High inflation rates have bedeviled Joe Biden during much of his presidency. But in recent remarks, Biden expressed optimism that the U.S. has turned a corner in its effort to fight fast-rising prices.
“While we have more to do, inflation is down by two-thirds,” Biden said during an Aug. 29 speech about lowering health care costs. “Inflation is now down close to 3%, the lowest among the world’s leading economies.”
We’ve previously reported that parts of that statement are correct: Inflation is down by about two-thirds from its peak in summer 2022, and it currently measures just over 3% compared with prices one year earlier.
But does the U.S. have the lowest inflation rate among the world’s leading economies?
When we last addressed how the U.S. ranks internationally in inflation — in June 2022, at the height of U.S. inflation — we found that although inflation rose above pre-COVID-19 levels in every major economy around the world, inflation in the United States spiked higher than its most direct competitors.

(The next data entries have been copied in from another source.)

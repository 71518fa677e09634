-- ===== src/Device/System/Installs.antt =====
-- What an update of CSystemManager installs.
use Prim.Native.String.{String, ◌++◌ as append_text}
use shuchuang.Shared.{
  ◌≡◌, refl, Bool, true, false, Option, none, some, List, [], ◌∷◌, ◌++◌, ◌==◌, string_key,
  if◌then◌else◌,
}
use shuchuang.Shared.Int.{ℤ, ltb_ℤ}
use shuchuang.Shared.Outcome.{Outcome, Action, ok, failed, thrown, or_throw, pure, continue, ◌>>=◌}
use shuchuang.Shared.Poco.{Json}
use shuchuang.Common.Config.{Config, get_object}
use shuchuang.Device.World.{Message}
use shuchuang.Device.System.{
  on_config, SystemManager, Info, Ftp, handle_update, lacks_server, give_up, install, check_file,
  check_info, check_text, fetch_info, log_in, update_from, read_config,
}

-- The text holds the information, and its build time is not before that of the running program.
pub data Accepted (ftp : Ftp) (text : String) (info : Info) : Type 0 where
  accepted :
      (built update_built : ℤ)
      → ftp.read_info text ≡ some info
      → ftp.parse_date ftp.mktime ≡ some built
      → ftp.parse_date info.buildtime ≡ some update_built
      → ltb_ℤ update_built built ≡ false
      → Accepted ftp text info

module _ {O : Type 0} ⦃j : Json O⦄ where
  -- What may have become of the files after a run that began with these copied texts and posted
  -- messages: nothing was copied and no reboot was announced, or the information that was copied is
  -- accepted, and a file with its checksum was downloaded.
  pub data Installs (ftp : Ftp) (copied : List (String × String)) (posted : List Message)
      (s : SystemManager O) : Type 0 where
    kept : s.copied ≡ copied → s.posted ≡ posted → Installs ftp copied posted s
    checked :
        (path text file body : String) (info : Info)
        → Accepted ftp text info
        → ftp.download file ≡ some body
        → (ftp.file_md5 body == info.checksum) ≡ true
        → s.copied ≡ copied ++ (path, text) ∷ []
        → Installs ftp copied posted s

  or_throw-Installs :
      {A : Type 0}
      → (ftp : Ftp) (o : Option A) (f : A → Action (SystemManager O) (Unit {0}))
        (s : SystemManager O)
      → ((a : A) → o ≡ some a → Installs ftp s.copied s.posted (f a s).1)
      → Installs ftp s.copied s.posted ((or_throw o >>= f) s).1
  unfolding ◌>>=◌
  or_throw-Installs ftp none f s h = kept refl refl
  or_throw-Installs ftp (some a) f s h = h a refl

  continue-Installs :
      {A : Type 0}
      → (ftp : Ftp) (r : Outcome A) (f : A → Action (SystemManager O) (Unit {0}))
      → (s : SystemManager O) → ((a : A) → Installs ftp s.copied s.posted (f a s).1)
      → Installs ftp s.copied s.posted (continue r f s).1
  continue-Installs ftp (ok a) f s h = h a
  continue-Installs ftp (failed d) f s h = kept refl refl
  continue-Installs ftp thrown f s h = kept refl refl

  on_config-Installs :
      {A : Type 0}
      → (ftp : Ftp) (m : Action (Config O) A) (f : A → Action (SystemManager O) (Unit {0}))
      → (s : SystemManager O)
      → ((a : A) (c : Config O) → Installs ftp s.copied s.posted (f a (record s { config = c })).1)
      → Installs ftp s.copied s.posted ((on_config m >>= f) s).1
  unfolding on_config ◌>>=◌
  on_config-Installs ftp m f s h =
      continue-Installs ftp (m s.config).0 f (record s { config = (m s.config).1 })
        (λ a. h a (m s.config).1)

  if-Installs :
      (ftp : Ftp) (b : Bool) (m n : Action (SystemManager O) (Unit {0})) (s : SystemManager O)
      → (b ≡ true → Installs ftp s.copied s.posted (m s).1)
      → (b ≡ false → Installs ftp s.copied s.posted (n s).1)
      → Installs ftp s.copied s.posted ((if b then m else n) s).1
  if-Installs ftp true m n s h h' = h refl
  if-Installs ftp false m n s h h' = h' refl

  install-Installs :
      (ftp : Ftp) (u : O) (text file body : String) (info : Info) (s : SystemManager O)
      → Accepted ftp text info
      → ftp.download file ≡ some body
      → (ftp.file_md5 body == info.checksum) ≡ true
      → Installs ftp s.copied s.posted (install u text s).1
  unfolding install ◌>>=◌
  install-Installs ftp u text file body info s r d m =
      or_throw-Installs ftp (j.get_string u "infoPath") _ s
        (λ path e. checked path text file body info r d m refl)

  give_up-Installs :
      (ftp : Ftp) (s : SystemManager O) → Installs ftp s.copied s.posted (give_up s).1
  unfolding give_up ◌>>=◌
  give_up-Installs ftp s = kept refl refl

  check_file-Installs :
      (ftp : Ftp) (u : O) (text file : String) (info : Info) (o : Option String)
      (s : SystemManager O)
      → Accepted ftp text info
      → ftp.download file ≡ o
      → Installs ftp s.copied s.posted (check_file ftp u text info o s).1
  unfolding check_file
  check_file-Installs ftp u text file info none s r d = give_up-Installs ftp s
  check_file-Installs ftp u text file info (some body) s r d =
      if-Installs ftp _ (install u text) give_up s
        (λ m. install-Installs ftp u text file body info s r d m) (λ m. give_up-Installs ftp s)

  check_info-Installs :
      (ftp : Ftp) (u : O) (type text : String) (o : Option Info) (s : SystemManager O)
      → ftp.read_info text ≡ o
      → Installs ftp s.copied s.posted (check_info ftp u type text o s).1
  unfolding check_info ◌>>=◌
  check_info-Installs ftp u type text none s r = give_up-Installs ftp s
  check_info-Installs ftp u type text (some info) s r =
      or_throw-Installs ftp (ftp.parse_date ftp.mktime) _ s (λ built e.
        or_throw-Installs ftp (ftp.parse_date info.buildtime) _ s (λ update_built e'.
          let file =
            append_text (append_text (append_text type "/") s.update_version) "/DeviceTest" in
          if-Installs ftp _ give_up (check_file ftp u text info (ftp.download file)) s
            (λ h. give_up-Installs ftp s)
            (λ h.
              check_file-Installs ftp u text file info (ftp.download file) s
                (accepted built update_built r e e' h) refl)))

  check_text-Installs :
      (ftp : Ftp) (u : O) (type : String) (o : Option String) (s : SystemManager O)
      → Installs ftp s.copied s.posted (check_text ftp u type o s).1
  unfolding check_text
  check_text-Installs ftp u type none s = give_up-Installs ftp s
  check_text-Installs ftp u type (some text) s =
      check_info-Installs ftp u type text (ftp.read_info text) s refl

  fetch_info-Installs :
      (ftp : Ftp) (u : O) (s : SystemManager O)
      → Installs ftp s.copied s.posted (fetch_info ftp u s).1
  unfolding fetch_info
  fetch_info-Installs ftp u s = on_config-Installs ftp (get_object "DeviceInfo") _ s (λ device c.
      let s' = record s { config = c } in
      or_throw-Installs ftp device _ s' (λ d e.
        or_throw-Installs ftp (j.get_string d "type") _ s'
          (λ type e'. check_text-Installs ftp u type (ftp.download (append_text type "/Info")) s')))

  log_in-Installs :
      (ftp : Ftp) (u : O) (s : SystemManager O) → Installs ftp s.copied s.posted (log_in ftp u s).1
  unfolding log_in
  log_in-Installs ftp u s = or_throw-Installs ftp (j.get_string u "server") _ s (λ server e.
      or_throw-Installs ftp (j.get_string u "username") _ s (λ username e'.
        or_throw-Installs ftp (j.get_string u "password") _ s (λ password e''.
          or_throw-Installs ftp (ftp.login server username password) _ s (λ logged l.
            if-Installs ftp logged (fetch_info ftp u) give_up s (λ h. fetch_info-Installs ftp u s)
              (λ h. give_up-Installs ftp s)))))

  update_from-Installs :
      (ftp : Ftp) (o : Option O) (s : SystemManager O)
      → Installs ftp s.copied s.posted (update_from ftp o s).1
  unfolding update_from
  update_from-Installs ftp none s = give_up-Installs ftp s
  update_from-Installs ftp (some u) s =
      if-Installs ftp (lacks_server u) give_up (log_in ftp u) s (λ h. give_up-Installs ftp s)
        (λ h. log_in-Installs ftp u s)

  -- A run of the update copies nothing and announces no reboot, or it copies information that was
  -- read and is not older than the running program, and a file was downloaded whose MD5 is the
  -- checksum of this information.
  pub handle_update-Installs :
      (ftp : Ftp) (s : SystemManager O) → Installs ftp s.copied s.posted (handle_update ftp s).1
  unfolding handle_update read_config ◌>>=◌
  handle_update-Installs ftp s =
      if-Installs ftp s.updating (read_config ftp) (pure tt) s
        (λ h.
          on_config-Installs ftp (get_object "Update") (update_from ftp) s
            (λ update c. update_from-Installs ftp update (record s { config = c })))
        (λ h. kept refl refl)
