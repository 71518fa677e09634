-- ===== src/Device/System/Reset.antt =====
-- The reset to the factory state: `resetConfig` of CSystemManager,
-- Src/Device/Component/System/SystemManager.cpp, and `resetUser` of CUserRecord,
-- Src/Device/Util/UserRecord.cpp.
pub mod Restores
pub mod Halfway
use shuchuang.Shared.{String, Bool, true, false, Option, not, ◌==◌, string_key, if◌then◌else◌}
use shuchuang.Shared.Outcome.{Action, ok, pure, modify, or_throw, fail_if, ◌>>=◌, ◌>>◌}
use shuchuang.Shared.Poco.{Json}
use shuchuang.Common.Config.{Config, get_object}
use shuchuang.Common.Config.Files
use shuchuang.Device.UserTable.{UserTable}
use shuchuang.Device.OperationTable.{reset_op_record}
use shuchuang.Device.World.{World, on_config}
use shuchuang.Device.Tasks.{reset_tasks}

-- What the reset finds in the files. `config_at` and `users_at` are the backups at a path, `none` where
-- they cannot be copied. `opens` says whether SQLite opens a path. `deleted` is what the statements
-- find through a session that was deleted.
pub record Backup (O : Type 0) : Type 0 where
  pub config_at : String → Option (Config O)
  pub users_at : String → Option UserTable
  pub opens : String → Bool
  pub deleted : UserTable → UserTable

module _ {O : Type 0} where
  unfoldable pub open_copy : Backup O → String → UserTable → Action UserTable Bool
  open_copy b path copied =
      if b.opens path then (do modify (λ _. copied); pure true) else pure false

  -- The old session is deleted first: where the copy throws or the path cannot be opened, the pointer
  -- to it stays.
  unfoldable pub reset_user : Backup O → String → String → Action UserTable Bool
  reset_user b path backup = do
    modify (λ t. if t.session then b.deleted t else t)
    copied ← or_throw (b.users_at backup)
    open_copy b path copied

  unfoldable pub on_user_record : Action UserTable Bool → Action (World O) Bool
  on_user_record m w =
      let (r, t) = m w.users.table in (r, record w { users = record w.users { table = t } })

  unfoldable pub on_op_record : Action (World O) Bool
  on_op_record w =
      let (r, t) = reset_op_record w.ops.table in
      (ok r, record w { ops = record w.ops { table = t } })

module _ {O : Type 0} ⦃j : Json O⦄ where
  -- The paths of the user database and of its backup are those of the new configuration.
  unfoldable pub reset_user_record : Backup O → Action (World O) Bool
  reset_user_record b = do
    reset ← on_config (get_object "Reset")
    paths ← on_config (get_object "DataPath")
    p ← or_throw paths
    path ← or_throw (j.get_string p "User")
    r ← or_throw reset
    backup ← or_throw (j.get_string r "UserDB")
    on_user_record (reset_user b path backup)

  unfoldable pub reset_config : Backup O → (O → Option O) → Action (World O) (Unit {0})
  reset_config b reparse = do
    config_done ← on_config (Files.reset_config b.config_at)
    fail_if (not config_done) "461"
    users_done ← reset_user_record b
    fail_if (not users_done) "462"
    ops_done ← on_op_record
    fail_if (not ops_done) "463"
    reset_tasks reparse
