-- ===== src/Device/System/Reset/Halfway.antt =====
-- Where the reset of CSystemManager, Src/Device/Component/System/SystemManager.cpp, stops halfway.
use shuchuang.Shared.{
  ◌≡◌, refl, String, true, Option, none, some, arith, ◌⊎◌, inl, inr, if-rule, ◌==◌, string_key,
}
use shuchuang.Shared.Outcome.{Outcome, Action, ok, thrown, ◌>>=◌}
use shuchuang.Shared.Poco.{Json}
use shuchuang.Common.Config.{Config, get_object}
use shuchuang.Common.Config.Files
use shuchuang.Common.Config.Reads.{get_object-Reads}
use shuchuang.Device.World.{World, on_config}
use shuchuang.Device.System.Reset.{Backup, reset_user_record, reset_config}

module _ {O : Type 0} ⦃j : Json O⦄ where
  -- A read fails by an exception only.
  abbrev ReadsOrThrows : Outcome (Option O) → Type 0
  ReadsOrThrows x = (x ≡ thrown) ⊎ ((o : Option O) × (x ≡ ok o))

  get_object-ReadsOrThrows : (name : String) (c : Config O) → ReadsOrThrows (get_object name c).0
  unfolding get_object ◌>>=◌
  get_object-ReadsOrThrows name none =
      if-rule (λ (m : Action (Config O) (Option O)). ReadsOrThrows (m none).0) (name == "")
        (λ _. inr (none, refl)) (λ _. inl refl)
  get_object-ReadsOrThrows name (some root) =
      if-rule (λ (m : Action (Config O) (Option O)). ReadsOrThrows (m (some root)).0) (name == "")
        (λ _. inr (none, refl)) (λ _. inr (_, refl))

  reset_user_record-thrown :
      (b : Backup O) (w : World O)
      → (get_object "Reset" w.config).0 ≡ ok none
      → reset_user_record b w ≡ (thrown, w)
  unfolding reset_user_record on_config ◌>>=◌
  reset_user_record-thrown b w h =
      rw (h, get_object-Reads "Reset" w.config)
        (rw (get_object-Reads "DataPath" w.config)
          (elim (get_object-ReadsOrThrows "DataPath" w.config) [
            | inl e ↦ rw e refl
            | inr (none, e) ↦ rw e refl
            | inr (some p, e) ↦ rw e (ground arith)
          ]))

  -- A backup of the configuration that has no object "Reset" of its own makes the reset end by an
  -- exception: the configuration is the backup by then, and the users, the records and the tasks are
  -- as they were.
  pub reset_config_no_reset :
      (b : Backup O) (reparse : O → Option O) (w : World O) (reset : O) (path : String)
      (copied : Config O)
      → (get_object "Reset" w.config).0 ≡ ok (some reset)
      → j.has reset "Config" ≡ true
      → j.get_string reset "Config" ≡ some path
      → b.config_at path ≡ some copied
      → (get_object "Reset" copied).0 ≡ ok none
      → reset_config b reparse w ≡ (thrown, record w { config = copied })
  unfolding reset_config on_config Files.reset_config Files.reset_from ◌>>=◌
  reset_config_no_reset b reparse w reset path copied h has_path h_path at gone =
      rw (h, get_object-Reads "Reset" w.config)
        (rw (has_path, h_path)
          (rw (at) (rw (reset_user_record-thrown b (record w { config = copied }) gone) refl)))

Now, though, the United States is beating its competitors in lowering inflation. The U.S. has a lower inflation rate than any other member of the G-7 group of large economies. And among a broader group of advanced industrialized nations, only a few countries beat the United States’ inflation rate.
First, let’s look at the members of the G-7 — Canada, France, Germany, Italy, Japan, the United Kingdom and the United States. (Current data is not available for Japan, so we’ll set it aside.)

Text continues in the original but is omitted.